2014-04-13, 21:42   #5
R.D. Silverman

Nov 2003

746010 Posts

Quote:
 Originally Posted by tapion64 So, I was actually trying to prove Sophie Germain conjecture by utilizing Wilson's theorem with respect to properties of Mersenne factors, but instead I found a pretty neat (and probably not exceedingly useful) consequence of the theorem. I won't bother going through the entirety of the math, as it took me several hours of work to get the result,
So what? It took a whole several hours?? Gollee!

If you won't post the actual math and algorithm then do us all a favor:

DON'T POST. This is a *math* forum.

I read what you did post. It is full of undefined variables, undefined expressions, and general gibberish.

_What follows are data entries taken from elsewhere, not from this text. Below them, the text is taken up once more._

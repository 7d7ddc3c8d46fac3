-- ===== src/Iscp/Types.antt =====
-- src/iscp/types.rs, and the configuration of a downstream (src/iscp/downstream.rs). A `Duration`
-- is its number of nanoseconds; an `Arc` is what it points to.
use iscp_rs.Base.{ℕ, String, Bool, true, false, List, []}
use iscp_rs.Message.ResultCode.{ResultCode}
use iscp_rs.Message.Types.{DataId, DataPoint, QoS, unreliable, Uuid, DownstreamFilter}

pub record DataPointGroup : Type 0 where
  pub data_id : DataId
  pub data_points : List DataPoint

pub record UpstreamInfo : Type 0 where
  pub session_id : String
  pub stream_id : Uuid
  pub source_node_id : String

pub record UpstreamChunk : Type 0 where
  pub sequence_number : ℕ
  pub data_point_groups : List DataPointGroup

pub record UpstreamChunkResult : Type 0 where
  pub sequence_number : ℕ
  pub result_code : ResultCode
  pub result_string : String

pub record DownstreamChunk : Type 0 where
  pub sequence_number : ℕ
  pub data_point_groups : List DataPointGroup
  pub upstream : UpstreamInfo

pub data DownstreamReordering : Type 0 where
  off best_effort strict : DownstreamReordering

abbrev pub reordering_beq : DownstreamReordering → DownstreamReordering → Bool
reordering_beq off off = true
reordering_beq best_effort best_effort = true
reordering_beq strict strict = true
reordering_beq _ _ = false

abbrev pub Duration : Type 0
Duration = ℕ

pub record DownstreamConfig : Type 0 where
  pub filters : List DownstreamFilter
  pub expiry_interval : Duration
  pub qos : QoS
  pub data_ids : List DataId
  pub ack_interval : Duration
  pub omit_empty_chunk : Bool
  pub reordering : DownstreamReordering
  pub reordering_chunks : ℕ
  pub close_timeout : Duration

-- `DownstreamConfig::default()`.
abbrev pub default_downstream_config : DownstreamConfig
default_downstream_config = record {
  filters = [];
  expiry_interval = 60_000_000_000;
  qos = unreliable;
  data_ids = [];
  ack_interval = 100_000_000;
  omit_empty_chunk = false;
  reordering = off;
  reordering_chunks = 0xFF;
  close_timeout = 10_000_000_000;
}
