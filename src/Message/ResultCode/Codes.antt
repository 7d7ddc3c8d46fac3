-- ===== src/Message/ResultCode/Codes.antt =====
-- `TryFrom<i32>` and `as i32` of `ResultCode` (src/message/proto/iscp2.v1.rs).
use iscp_rs.Base.{
  ℕ, ◌≡◌, refl, ap, sym, ◌∙◌, some, [], ◌∷◌, ◌↔◌, Map, get, nat_eq, arith, All, Bool-cases, inl,
  inr, ◌==◌, Eq, Bool, true, some_inj,
}
use iscp_rs.Base.Int.{pos}
use iscp_rs.Message.ResultCode.{
  ResultCode, code_value, codes, code_of, succeeded, incompatible_version, maximum_data_id_alias,
  maximum_upstream_alias, unspecified_error, no_node_id, auth_failed, connect_timeout,
  malformed_message, protocol_error, ack_timeout, invalid_payload, invalid_data_id,
  invalid_data_id_alias, invalid_data_filter, stream_not_found, resume_request_conflict,
  process_failed, desired_qos_not_supported, ping_timeout, too_large_message_size,
  too_many_data_id_aliases, too_many_streams, too_long_ack_interval, too_many_downstream_filters,
  too_many_data_filters, too_long_expiry_interval, too_long_ping_timeout, too_short_ping_interval,
  too_short_ping_timeout, rate_limit_reached, too_large_feed_id, too_many_target_nodes,
  feed_not_found, invalid_resume_token, node_id_mismatch, session_not_found, session_already_closed,
  session_cannot_closed,
}

code_of-code_value : (c : ResultCode) → code_of (pos (code_value c)) ≡ some c
unfolding code_of get
code_of-code_value succeeded = refl
code_of-code_value incompatible_version = refl
code_of-code_value maximum_data_id_alias = refl
code_of-code_value maximum_upstream_alias = refl
code_of-code_value unspecified_error = refl
code_of-code_value no_node_id = refl
code_of-code_value auth_failed = refl
code_of-code_value connect_timeout = refl
code_of-code_value malformed_message = refl
code_of-code_value protocol_error = refl
code_of-code_value ack_timeout = refl
code_of-code_value invalid_payload = refl
code_of-code_value invalid_data_id = refl
code_of-code_value invalid_data_id_alias = refl
code_of-code_value invalid_data_filter = refl
code_of-code_value stream_not_found = refl
code_of-code_value resume_request_conflict = refl
code_of-code_value process_failed = refl
code_of-code_value desired_qos_not_supported = refl
code_of-code_value ping_timeout = refl
code_of-code_value too_large_message_size = refl
code_of-code_value too_many_data_id_aliases = refl
code_of-code_value too_many_streams = refl
code_of-code_value too_long_ack_interval = refl
code_of-code_value too_many_downstream_filters = refl
code_of-code_value too_many_data_filters = refl
code_of-code_value too_long_expiry_interval = refl
code_of-code_value too_long_ping_timeout = refl
code_of-code_value too_short_ping_interval = refl
code_of-code_value too_short_ping_timeout = refl
code_of-code_value rate_limit_reached = refl
code_of-code_value too_large_feed_id = refl
code_of-code_value too_many_target_nodes = refl
code_of-code_value feed_not_found = refl
code_of-code_value invalid_resume_token = refl
code_of-code_value node_id_mismatch = refl
code_of-code_value session_not_found = refl
code_of-code_value session_already_closed = refl
code_of-code_value session_cannot_closed = refl

abbrev Coded : ℕ × ResultCode → Type 0
Coded e = code_value e.1 ≡ e.0

codes-Coded : All Coded codes
codes-Coded = (
  refl,
  (
    refl,
    (
      refl,
      (
        refl,
        (
          refl,
          (
            refl,
            (
              refl,
              (
                refl,
                (
                  refl,
                  (
                    refl,
                    (
                      refl,
                      (
                        refl,
                        (
                          refl,
                          (
                            refl,
                            (
                              refl,
                              (
                                refl,
                                (
                                  refl,
                                  (
                                    refl,
                                    (
                                      refl,
                                      (
                                        refl,
                                        (
                                          refl,
                                          (
                                            refl,
                                            (
                                              refl,
                                              (
                                                refl,
                                                (
                                                  refl,
                                                  (
                                                    refl,
                                                    (
                                                      refl,
                                                      (
                                                        refl,
                                                        (
                                                          refl,
                                                          (
                                                            refl,
                                                            (
                                                            refl,
                                                            (
                                                            refl,
                                                            (
                                                            refl,
                                                            (
                                                            refl,
                                                            (
                                                            refl,
                                                            (refl, (refl, (refl, (refl, tt)))),
                                                            ),
                                                            ),
                                                            ),
                                                            ),
                                                            ),
                                                          ),
                                                        ),
                                                      ),
                                                    ),
                                                  ),
                                                ),
                                              ),
                                            ),
                                          ),
                                        ),
                                      ),
                                    ),
                                  ),
                                ),
                              ),
                            ),
                          ),
                        ),
                      ),
                    ),
                  ),
                ),
              ),
            ),
          ),
        ),
      ),
    ),
  ),
)

get-Coded :
    (n : ℕ) (m : Map ℕ ResultCode) (c : ResultCode)
    → All Coded m
    → get n m ≡ some c
    → n ≡ code_value c
unfolding get
get-Coded n [] c a h = cc
get-Coded n ((k, d) ∷ m) c a h = elim (Bool-cases (k == n)) [
  | inl e ↦
      let key : k ≡ n = ground arith in
      let found : d ≡ c = ground arith in sym key ∙ (sym a.0 ∙ ap code_value found)
  | inr e ↦ let rest : get n m ≡ some c = ground arith in get-Coded n m c a.1 rest
]

-- `PartialEq`.
abbrev pub code_beq : ResultCode → ResultCode → Bool
code_beq a b = code_value a == code_value b

code_value_inj : (a b : ResultCode) → code_value a ≡ code_value b → a ≡ b
code_value_inj a b h =
    some_inj (sym (code_of-code_value a) ∙ (ap (λ n. code_of (pos n)) h ∙ code_of-code_value b))

pub code_equal_iff : (a b : ResultCode) → (code_beq a b ≡ true) ↔ (a ≡ b)
code_equal_iff a b = (
  λ h. code_value_inj a b ((nat_eq.equal_iff (code_value a) (code_value b)).0 h),
  λ h. (nat_eq.equal_iff (code_value a) (code_value b)).1 (ap code_value h),
)

instance abbrev pub result_code_eq : Eq ResultCode
result_code_eq = record { equal = code_beq; equal_iff = code_equal_iff }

However, the little bit that does make sense tells us that the algorithm
(if it works; we only have your word for it which is not sufficient for
scientific discussion) is pretty much worthless. If it takes (n-4m+3)/4
iterations, then it is PURELY EXPONENTIAL ALGORITHM.

Furthermore, you say below immediately below:

"runs until (n-4m+3)/4, m chosen sufficiently small for the number to test"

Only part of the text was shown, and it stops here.